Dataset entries
========================================================================
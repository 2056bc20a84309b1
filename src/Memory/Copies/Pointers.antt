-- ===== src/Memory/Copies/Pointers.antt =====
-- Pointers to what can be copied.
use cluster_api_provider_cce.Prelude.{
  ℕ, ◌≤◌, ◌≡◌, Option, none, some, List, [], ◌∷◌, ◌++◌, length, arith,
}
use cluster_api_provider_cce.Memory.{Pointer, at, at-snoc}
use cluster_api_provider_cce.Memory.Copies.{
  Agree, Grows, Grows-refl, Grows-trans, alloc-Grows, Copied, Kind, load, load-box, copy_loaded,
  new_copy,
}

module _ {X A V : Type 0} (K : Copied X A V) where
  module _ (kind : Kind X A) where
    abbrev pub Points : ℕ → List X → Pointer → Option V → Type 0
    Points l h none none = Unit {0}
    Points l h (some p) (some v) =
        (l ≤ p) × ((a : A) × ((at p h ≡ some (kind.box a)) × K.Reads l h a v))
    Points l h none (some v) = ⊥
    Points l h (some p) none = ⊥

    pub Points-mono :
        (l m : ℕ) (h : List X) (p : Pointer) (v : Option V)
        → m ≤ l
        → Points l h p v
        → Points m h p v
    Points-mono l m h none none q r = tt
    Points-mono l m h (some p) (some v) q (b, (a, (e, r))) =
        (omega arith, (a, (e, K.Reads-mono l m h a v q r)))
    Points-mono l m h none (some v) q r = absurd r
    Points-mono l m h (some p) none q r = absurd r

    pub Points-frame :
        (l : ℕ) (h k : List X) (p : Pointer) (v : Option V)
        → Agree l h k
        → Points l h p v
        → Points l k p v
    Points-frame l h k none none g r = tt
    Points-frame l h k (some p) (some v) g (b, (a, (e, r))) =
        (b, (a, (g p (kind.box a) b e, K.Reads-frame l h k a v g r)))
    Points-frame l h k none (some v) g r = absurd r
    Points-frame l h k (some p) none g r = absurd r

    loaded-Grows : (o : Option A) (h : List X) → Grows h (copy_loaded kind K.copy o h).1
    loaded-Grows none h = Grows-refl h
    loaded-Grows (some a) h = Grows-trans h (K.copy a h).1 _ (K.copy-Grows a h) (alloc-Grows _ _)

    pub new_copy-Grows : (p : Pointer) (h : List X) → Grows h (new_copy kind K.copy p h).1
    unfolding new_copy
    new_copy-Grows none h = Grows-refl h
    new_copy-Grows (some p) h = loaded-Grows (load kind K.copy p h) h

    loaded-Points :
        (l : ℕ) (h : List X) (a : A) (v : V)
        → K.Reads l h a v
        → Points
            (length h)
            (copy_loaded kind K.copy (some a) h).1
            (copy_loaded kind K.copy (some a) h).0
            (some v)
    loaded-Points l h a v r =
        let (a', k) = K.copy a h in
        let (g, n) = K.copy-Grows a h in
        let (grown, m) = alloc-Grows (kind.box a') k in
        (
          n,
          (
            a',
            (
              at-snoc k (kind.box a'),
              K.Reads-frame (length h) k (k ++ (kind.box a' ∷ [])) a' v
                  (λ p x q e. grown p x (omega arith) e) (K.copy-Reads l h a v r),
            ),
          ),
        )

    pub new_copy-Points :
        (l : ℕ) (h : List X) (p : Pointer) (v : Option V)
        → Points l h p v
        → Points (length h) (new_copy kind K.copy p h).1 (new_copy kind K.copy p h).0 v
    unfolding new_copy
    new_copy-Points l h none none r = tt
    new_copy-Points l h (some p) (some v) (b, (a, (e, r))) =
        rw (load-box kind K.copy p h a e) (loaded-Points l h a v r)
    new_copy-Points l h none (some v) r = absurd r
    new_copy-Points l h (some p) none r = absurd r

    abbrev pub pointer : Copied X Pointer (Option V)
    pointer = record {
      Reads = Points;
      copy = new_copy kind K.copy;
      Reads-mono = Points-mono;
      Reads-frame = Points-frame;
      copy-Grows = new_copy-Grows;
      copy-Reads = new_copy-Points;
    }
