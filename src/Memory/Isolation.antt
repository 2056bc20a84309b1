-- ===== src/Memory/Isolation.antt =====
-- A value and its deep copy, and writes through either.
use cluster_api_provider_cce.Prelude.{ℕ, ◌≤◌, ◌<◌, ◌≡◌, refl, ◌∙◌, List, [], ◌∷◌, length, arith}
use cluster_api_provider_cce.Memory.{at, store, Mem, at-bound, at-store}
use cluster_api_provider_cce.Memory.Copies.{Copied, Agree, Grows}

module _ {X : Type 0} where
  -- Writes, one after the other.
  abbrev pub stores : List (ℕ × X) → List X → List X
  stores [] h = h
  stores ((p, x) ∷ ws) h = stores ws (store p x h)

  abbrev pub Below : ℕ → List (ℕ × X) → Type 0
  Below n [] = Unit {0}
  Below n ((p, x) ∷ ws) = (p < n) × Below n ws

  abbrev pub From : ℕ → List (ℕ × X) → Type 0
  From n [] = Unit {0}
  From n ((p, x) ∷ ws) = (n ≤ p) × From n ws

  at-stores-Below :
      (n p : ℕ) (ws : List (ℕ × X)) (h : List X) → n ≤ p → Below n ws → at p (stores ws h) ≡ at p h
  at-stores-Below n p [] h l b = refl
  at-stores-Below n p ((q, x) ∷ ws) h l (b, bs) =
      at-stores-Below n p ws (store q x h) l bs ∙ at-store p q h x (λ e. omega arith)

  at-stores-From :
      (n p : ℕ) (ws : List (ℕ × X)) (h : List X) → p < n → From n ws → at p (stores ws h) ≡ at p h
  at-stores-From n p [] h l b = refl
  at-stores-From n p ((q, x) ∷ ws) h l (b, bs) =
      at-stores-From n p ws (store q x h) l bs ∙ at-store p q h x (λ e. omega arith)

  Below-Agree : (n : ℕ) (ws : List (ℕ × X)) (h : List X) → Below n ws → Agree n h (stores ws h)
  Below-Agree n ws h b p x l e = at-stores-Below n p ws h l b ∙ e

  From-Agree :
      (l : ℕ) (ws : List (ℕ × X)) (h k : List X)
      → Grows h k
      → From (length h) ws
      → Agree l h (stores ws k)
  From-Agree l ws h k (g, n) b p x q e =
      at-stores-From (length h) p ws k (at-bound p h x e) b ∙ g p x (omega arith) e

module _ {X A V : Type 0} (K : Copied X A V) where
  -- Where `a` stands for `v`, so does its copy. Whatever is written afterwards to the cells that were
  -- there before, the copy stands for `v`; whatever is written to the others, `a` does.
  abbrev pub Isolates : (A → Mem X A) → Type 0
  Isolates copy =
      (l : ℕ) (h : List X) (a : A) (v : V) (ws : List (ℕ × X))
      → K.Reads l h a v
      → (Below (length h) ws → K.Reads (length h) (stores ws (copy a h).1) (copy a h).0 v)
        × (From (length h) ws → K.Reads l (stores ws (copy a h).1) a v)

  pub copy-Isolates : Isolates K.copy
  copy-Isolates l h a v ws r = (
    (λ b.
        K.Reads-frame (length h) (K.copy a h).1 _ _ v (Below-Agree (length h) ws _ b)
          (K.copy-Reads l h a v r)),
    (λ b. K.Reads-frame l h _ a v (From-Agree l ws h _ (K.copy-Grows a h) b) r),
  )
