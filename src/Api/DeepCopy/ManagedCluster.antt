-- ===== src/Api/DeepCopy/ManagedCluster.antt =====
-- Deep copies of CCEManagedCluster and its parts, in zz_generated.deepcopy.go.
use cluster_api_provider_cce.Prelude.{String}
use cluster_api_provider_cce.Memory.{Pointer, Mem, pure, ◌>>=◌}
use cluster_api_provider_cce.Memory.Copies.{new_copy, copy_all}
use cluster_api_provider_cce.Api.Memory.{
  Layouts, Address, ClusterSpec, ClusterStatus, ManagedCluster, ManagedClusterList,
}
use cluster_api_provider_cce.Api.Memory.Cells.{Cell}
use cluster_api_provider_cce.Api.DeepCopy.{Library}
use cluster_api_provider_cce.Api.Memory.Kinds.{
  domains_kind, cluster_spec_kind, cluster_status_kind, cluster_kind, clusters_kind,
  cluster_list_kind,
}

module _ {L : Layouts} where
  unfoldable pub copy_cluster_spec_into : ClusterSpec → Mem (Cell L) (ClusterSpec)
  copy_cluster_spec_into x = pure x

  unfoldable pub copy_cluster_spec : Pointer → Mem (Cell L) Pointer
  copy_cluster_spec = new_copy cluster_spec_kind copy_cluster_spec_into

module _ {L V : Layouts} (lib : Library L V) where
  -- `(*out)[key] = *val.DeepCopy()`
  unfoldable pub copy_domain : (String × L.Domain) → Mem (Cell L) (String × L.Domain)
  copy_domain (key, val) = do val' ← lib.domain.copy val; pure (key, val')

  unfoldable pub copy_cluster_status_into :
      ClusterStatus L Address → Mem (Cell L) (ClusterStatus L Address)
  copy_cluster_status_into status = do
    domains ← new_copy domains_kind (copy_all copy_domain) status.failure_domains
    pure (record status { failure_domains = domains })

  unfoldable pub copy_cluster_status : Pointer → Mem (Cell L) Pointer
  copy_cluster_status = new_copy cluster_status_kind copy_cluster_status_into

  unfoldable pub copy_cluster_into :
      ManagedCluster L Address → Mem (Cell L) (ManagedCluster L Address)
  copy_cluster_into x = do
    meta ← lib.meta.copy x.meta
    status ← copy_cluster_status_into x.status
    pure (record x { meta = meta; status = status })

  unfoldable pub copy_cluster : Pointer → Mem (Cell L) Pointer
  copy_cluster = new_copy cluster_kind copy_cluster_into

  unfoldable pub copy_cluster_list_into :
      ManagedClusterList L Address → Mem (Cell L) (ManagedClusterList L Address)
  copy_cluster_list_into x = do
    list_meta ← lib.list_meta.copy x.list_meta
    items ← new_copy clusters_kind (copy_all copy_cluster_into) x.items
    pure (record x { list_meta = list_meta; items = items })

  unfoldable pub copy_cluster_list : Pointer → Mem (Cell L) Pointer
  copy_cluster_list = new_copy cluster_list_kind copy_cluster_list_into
========================================================================
Aim of the exercise> In the entries above, find each line with the word "Isolates" and copy it.

Problem solution>
  abbrev pub Isolates : (A → Mem X A) → Type 0
  Isolates copy =
  pub copy-Isolates : Isolates K.copy
  copy-Isolates l h a v ws r = (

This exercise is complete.